◆ Your goal:
Take the data below and filter it for lines containing the word "source"; show each line found.

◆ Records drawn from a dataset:
- - - -

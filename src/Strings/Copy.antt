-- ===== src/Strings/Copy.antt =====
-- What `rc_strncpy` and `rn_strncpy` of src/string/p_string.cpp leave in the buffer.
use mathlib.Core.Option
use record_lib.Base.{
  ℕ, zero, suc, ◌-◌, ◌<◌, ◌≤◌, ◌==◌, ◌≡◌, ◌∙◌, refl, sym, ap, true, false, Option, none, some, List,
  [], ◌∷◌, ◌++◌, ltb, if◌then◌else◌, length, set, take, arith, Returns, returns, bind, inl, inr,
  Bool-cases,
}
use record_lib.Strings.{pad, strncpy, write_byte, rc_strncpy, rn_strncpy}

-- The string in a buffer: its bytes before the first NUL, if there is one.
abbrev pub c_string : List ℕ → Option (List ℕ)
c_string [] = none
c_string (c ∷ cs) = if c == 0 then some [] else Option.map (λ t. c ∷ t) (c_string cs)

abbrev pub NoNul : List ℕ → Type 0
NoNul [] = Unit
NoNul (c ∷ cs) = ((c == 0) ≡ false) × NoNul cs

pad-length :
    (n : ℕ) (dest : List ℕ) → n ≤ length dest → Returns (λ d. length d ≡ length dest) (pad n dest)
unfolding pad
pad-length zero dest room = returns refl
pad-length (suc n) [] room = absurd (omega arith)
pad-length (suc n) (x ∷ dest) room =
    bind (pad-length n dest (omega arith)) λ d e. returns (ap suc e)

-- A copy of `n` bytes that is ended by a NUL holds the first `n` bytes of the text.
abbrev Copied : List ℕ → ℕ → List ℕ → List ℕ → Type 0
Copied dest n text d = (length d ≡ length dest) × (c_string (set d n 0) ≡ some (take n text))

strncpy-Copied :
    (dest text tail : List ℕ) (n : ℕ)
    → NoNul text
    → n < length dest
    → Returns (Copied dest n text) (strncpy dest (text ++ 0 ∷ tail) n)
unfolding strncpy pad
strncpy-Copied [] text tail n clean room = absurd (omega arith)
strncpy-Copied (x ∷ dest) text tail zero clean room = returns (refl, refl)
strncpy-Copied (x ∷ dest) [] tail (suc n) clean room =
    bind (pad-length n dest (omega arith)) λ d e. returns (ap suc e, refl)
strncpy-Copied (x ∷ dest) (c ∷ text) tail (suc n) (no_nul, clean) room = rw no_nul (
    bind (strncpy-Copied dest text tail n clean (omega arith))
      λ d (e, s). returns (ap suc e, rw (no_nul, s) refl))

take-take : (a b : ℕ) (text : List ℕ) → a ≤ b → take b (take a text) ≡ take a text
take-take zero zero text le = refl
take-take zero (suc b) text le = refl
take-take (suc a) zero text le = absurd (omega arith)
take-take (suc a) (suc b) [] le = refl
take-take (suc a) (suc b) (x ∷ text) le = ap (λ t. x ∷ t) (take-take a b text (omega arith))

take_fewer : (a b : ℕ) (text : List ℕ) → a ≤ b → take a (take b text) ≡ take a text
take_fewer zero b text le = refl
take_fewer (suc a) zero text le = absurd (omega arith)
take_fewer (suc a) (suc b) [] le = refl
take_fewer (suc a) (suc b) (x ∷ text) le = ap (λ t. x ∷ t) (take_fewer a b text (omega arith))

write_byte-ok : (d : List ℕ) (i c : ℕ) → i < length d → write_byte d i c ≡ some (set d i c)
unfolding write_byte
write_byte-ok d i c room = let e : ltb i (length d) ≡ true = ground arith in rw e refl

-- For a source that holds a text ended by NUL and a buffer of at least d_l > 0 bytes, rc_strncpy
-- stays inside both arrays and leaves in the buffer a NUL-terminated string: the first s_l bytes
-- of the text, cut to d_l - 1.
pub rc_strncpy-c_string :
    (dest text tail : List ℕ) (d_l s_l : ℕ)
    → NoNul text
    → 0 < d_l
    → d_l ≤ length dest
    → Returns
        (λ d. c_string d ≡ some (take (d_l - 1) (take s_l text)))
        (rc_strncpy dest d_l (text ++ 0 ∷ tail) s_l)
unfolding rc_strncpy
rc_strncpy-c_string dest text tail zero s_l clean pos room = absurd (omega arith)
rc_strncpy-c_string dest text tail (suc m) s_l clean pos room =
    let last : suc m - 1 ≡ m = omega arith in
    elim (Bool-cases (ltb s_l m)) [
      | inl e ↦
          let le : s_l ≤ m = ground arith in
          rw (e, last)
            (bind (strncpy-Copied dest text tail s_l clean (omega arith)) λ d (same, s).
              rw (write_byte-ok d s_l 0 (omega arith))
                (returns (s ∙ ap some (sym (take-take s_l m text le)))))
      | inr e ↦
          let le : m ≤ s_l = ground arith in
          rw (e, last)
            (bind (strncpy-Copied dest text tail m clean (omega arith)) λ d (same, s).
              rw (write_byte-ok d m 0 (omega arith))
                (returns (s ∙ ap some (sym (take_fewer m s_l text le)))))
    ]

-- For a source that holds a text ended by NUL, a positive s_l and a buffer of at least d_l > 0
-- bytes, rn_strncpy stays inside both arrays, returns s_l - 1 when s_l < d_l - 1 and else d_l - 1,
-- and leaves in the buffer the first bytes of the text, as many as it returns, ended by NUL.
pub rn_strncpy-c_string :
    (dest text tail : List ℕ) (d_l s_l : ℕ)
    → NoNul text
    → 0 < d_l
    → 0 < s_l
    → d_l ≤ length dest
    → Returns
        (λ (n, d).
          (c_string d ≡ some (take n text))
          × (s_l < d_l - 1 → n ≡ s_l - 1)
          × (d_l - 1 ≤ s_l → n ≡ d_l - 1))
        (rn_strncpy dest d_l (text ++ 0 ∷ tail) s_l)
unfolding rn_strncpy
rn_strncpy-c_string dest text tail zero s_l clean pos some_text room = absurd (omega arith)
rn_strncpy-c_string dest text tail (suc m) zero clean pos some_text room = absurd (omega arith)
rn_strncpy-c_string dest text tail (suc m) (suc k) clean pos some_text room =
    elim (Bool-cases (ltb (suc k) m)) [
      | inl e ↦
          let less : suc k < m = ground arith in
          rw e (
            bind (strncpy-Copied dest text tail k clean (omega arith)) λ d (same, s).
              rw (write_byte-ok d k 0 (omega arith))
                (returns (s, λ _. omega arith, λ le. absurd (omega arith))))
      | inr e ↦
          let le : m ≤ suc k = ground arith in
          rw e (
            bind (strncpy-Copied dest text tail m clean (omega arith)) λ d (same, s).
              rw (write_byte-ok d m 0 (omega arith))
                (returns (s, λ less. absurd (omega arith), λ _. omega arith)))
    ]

- - - -

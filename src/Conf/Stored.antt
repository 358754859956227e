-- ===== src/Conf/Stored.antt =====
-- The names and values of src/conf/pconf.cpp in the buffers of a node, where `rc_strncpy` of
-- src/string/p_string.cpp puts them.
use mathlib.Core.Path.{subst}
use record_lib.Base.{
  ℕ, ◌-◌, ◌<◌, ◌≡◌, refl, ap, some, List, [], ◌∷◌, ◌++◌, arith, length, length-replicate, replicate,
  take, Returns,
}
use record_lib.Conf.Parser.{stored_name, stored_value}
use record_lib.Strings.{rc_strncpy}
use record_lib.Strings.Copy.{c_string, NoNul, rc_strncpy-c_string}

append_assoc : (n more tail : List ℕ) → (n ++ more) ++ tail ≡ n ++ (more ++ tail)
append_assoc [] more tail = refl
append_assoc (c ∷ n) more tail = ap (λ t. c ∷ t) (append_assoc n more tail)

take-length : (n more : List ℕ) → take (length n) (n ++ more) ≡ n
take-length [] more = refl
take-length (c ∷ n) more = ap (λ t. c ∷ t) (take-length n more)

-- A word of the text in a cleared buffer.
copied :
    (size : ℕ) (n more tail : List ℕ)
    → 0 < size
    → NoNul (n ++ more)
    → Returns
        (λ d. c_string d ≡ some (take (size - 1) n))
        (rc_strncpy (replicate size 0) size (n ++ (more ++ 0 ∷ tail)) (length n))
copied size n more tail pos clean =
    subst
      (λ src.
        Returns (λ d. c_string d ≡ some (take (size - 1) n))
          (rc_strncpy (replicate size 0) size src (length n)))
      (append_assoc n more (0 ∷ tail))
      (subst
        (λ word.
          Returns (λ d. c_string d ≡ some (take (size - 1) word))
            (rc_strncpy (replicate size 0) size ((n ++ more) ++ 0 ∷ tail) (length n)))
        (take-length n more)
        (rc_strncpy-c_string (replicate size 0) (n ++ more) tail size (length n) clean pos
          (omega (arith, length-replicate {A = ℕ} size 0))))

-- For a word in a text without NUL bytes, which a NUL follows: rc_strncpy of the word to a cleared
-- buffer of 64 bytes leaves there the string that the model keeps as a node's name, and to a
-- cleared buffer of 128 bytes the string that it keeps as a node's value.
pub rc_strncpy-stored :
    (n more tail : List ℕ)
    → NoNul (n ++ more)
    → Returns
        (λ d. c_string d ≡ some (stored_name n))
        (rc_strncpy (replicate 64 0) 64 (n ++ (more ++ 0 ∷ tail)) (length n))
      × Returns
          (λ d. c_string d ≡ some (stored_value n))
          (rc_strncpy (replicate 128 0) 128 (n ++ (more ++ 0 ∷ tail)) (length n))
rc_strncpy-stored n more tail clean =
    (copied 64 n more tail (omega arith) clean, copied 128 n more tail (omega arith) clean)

- - - -

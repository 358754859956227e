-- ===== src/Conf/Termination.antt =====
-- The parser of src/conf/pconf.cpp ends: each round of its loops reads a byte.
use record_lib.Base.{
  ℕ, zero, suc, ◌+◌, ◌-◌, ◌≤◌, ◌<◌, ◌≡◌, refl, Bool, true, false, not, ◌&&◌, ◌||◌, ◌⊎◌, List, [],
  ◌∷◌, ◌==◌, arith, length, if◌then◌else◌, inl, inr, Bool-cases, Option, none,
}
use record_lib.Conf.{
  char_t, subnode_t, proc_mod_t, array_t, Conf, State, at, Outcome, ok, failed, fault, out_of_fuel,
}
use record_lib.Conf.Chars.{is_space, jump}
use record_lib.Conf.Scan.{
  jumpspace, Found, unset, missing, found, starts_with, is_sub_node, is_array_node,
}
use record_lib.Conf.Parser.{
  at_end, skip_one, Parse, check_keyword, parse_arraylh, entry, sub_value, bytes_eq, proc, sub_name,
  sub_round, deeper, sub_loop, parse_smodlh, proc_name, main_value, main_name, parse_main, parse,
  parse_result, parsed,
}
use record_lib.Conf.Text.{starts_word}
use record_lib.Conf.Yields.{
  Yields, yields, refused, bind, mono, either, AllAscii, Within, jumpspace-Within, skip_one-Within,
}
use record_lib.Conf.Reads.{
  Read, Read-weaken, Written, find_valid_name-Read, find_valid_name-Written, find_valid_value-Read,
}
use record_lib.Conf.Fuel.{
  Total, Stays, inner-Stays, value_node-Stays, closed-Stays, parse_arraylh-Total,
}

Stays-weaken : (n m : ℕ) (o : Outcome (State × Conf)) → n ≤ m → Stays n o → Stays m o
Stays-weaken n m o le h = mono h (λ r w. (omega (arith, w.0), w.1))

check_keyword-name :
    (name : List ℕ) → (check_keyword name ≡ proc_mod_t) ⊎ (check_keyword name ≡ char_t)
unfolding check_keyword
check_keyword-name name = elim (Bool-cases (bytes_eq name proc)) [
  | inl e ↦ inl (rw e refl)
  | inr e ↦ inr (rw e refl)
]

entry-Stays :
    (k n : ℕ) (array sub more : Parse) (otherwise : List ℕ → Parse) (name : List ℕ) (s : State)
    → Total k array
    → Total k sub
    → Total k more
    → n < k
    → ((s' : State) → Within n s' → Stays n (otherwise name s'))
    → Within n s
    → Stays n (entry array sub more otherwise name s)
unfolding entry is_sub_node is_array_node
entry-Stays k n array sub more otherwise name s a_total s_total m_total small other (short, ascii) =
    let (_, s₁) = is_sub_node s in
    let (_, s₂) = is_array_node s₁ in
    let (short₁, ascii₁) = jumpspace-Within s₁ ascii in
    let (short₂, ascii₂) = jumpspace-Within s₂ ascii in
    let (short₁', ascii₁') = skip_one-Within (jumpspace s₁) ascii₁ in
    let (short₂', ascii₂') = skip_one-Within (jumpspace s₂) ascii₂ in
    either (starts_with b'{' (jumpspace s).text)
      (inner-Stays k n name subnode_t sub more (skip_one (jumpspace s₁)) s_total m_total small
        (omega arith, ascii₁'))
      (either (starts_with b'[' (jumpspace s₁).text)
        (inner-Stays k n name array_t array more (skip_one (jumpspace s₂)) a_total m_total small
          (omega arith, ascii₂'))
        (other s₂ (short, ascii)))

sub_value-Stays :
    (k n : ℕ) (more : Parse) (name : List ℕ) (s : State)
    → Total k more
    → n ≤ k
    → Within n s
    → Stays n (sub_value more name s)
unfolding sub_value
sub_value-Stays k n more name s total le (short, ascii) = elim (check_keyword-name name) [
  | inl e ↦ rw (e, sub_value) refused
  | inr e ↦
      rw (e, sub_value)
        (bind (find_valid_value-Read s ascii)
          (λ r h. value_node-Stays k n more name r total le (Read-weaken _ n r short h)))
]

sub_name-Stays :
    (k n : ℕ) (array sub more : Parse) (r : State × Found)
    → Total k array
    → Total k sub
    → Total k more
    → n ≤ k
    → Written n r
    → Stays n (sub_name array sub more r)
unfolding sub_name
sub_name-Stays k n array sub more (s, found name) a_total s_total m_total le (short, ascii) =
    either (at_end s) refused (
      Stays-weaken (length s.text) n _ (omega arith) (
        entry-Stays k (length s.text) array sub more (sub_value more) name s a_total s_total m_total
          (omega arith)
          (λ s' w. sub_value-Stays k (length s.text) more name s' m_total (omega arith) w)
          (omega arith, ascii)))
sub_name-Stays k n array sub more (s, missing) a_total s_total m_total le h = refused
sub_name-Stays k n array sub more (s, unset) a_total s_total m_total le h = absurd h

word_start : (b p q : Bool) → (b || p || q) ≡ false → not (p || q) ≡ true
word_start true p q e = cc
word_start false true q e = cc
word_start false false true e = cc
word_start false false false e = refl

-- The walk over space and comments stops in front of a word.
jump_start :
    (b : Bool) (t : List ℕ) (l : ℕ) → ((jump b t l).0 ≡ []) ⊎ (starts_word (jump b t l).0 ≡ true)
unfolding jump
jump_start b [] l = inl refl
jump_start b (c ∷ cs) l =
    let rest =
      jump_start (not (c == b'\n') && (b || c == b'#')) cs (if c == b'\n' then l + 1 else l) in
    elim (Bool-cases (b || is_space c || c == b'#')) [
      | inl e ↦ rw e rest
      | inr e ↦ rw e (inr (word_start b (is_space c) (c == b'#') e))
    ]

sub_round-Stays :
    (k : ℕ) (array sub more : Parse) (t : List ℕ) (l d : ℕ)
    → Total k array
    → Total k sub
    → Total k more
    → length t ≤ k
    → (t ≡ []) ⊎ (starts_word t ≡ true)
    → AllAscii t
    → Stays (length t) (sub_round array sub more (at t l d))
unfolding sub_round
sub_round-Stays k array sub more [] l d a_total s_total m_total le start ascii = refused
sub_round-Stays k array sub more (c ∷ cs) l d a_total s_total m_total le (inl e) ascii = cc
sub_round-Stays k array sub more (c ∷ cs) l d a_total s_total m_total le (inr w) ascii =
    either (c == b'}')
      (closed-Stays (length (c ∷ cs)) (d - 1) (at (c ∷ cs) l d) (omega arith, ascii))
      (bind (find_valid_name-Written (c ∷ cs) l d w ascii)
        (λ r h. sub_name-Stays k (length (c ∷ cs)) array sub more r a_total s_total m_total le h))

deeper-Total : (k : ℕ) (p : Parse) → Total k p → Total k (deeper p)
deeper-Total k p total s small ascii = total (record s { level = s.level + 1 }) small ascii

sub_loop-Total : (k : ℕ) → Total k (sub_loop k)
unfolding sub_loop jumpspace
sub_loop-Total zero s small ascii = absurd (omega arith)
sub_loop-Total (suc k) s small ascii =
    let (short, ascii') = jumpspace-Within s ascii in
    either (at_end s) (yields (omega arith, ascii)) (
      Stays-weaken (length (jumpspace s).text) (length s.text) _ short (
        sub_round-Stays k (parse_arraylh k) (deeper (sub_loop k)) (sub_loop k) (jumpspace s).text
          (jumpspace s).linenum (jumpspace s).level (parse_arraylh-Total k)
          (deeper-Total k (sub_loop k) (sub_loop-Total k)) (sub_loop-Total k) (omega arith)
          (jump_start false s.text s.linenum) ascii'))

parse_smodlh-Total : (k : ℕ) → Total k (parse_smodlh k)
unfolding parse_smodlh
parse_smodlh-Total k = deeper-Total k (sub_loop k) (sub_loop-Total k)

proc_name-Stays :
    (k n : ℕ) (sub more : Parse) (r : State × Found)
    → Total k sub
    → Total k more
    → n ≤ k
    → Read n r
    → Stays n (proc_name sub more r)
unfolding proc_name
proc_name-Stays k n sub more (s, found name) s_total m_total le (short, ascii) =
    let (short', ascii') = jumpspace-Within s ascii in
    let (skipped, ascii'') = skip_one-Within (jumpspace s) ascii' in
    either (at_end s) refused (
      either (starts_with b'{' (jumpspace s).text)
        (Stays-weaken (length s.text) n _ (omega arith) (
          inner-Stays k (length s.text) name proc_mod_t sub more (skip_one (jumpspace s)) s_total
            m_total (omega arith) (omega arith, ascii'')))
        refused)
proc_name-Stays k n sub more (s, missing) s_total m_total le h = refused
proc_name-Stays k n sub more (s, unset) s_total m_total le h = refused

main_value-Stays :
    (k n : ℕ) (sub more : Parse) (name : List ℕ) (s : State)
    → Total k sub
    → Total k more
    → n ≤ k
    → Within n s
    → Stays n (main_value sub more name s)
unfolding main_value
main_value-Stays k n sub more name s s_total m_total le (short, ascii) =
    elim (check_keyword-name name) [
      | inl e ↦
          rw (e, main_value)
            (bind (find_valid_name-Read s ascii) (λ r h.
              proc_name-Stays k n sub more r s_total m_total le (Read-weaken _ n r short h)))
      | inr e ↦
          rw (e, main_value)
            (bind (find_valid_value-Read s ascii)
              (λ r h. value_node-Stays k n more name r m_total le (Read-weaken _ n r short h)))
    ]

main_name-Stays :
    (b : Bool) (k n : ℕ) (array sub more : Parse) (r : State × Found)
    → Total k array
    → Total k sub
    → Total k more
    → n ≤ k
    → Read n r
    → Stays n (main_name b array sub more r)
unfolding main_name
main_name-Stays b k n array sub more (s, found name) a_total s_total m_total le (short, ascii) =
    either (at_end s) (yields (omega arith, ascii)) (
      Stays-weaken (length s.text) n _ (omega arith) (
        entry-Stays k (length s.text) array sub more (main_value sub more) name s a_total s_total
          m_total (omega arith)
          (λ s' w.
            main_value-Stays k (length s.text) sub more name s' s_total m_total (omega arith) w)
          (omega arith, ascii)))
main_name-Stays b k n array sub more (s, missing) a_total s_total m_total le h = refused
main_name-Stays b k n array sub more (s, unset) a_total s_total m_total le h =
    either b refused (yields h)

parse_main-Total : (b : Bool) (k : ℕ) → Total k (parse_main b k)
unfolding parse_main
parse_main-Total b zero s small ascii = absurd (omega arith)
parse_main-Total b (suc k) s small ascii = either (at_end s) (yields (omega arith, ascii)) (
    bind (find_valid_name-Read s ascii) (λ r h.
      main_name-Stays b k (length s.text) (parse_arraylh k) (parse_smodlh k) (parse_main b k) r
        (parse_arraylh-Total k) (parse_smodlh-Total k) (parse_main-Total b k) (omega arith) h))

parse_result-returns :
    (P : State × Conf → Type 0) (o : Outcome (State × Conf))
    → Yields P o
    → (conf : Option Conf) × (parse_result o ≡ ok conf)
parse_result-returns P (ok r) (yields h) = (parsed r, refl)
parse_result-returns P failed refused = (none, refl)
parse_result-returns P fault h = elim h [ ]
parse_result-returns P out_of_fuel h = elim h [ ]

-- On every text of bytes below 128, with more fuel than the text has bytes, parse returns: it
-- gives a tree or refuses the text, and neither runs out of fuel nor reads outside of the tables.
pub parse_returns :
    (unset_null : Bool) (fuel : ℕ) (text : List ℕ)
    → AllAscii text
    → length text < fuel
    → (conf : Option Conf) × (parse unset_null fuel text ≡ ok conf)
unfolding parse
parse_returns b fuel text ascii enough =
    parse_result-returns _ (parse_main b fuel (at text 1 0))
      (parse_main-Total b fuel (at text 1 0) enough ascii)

- - - -

◆ Exercise answer:
-- For a source that holds a text ended by NUL and a buffer of at least d_l > 0 bytes, rc_strncpy
-- For a source that holds a text ended by NUL, a positive s_l and a buffer of at least d_l > 0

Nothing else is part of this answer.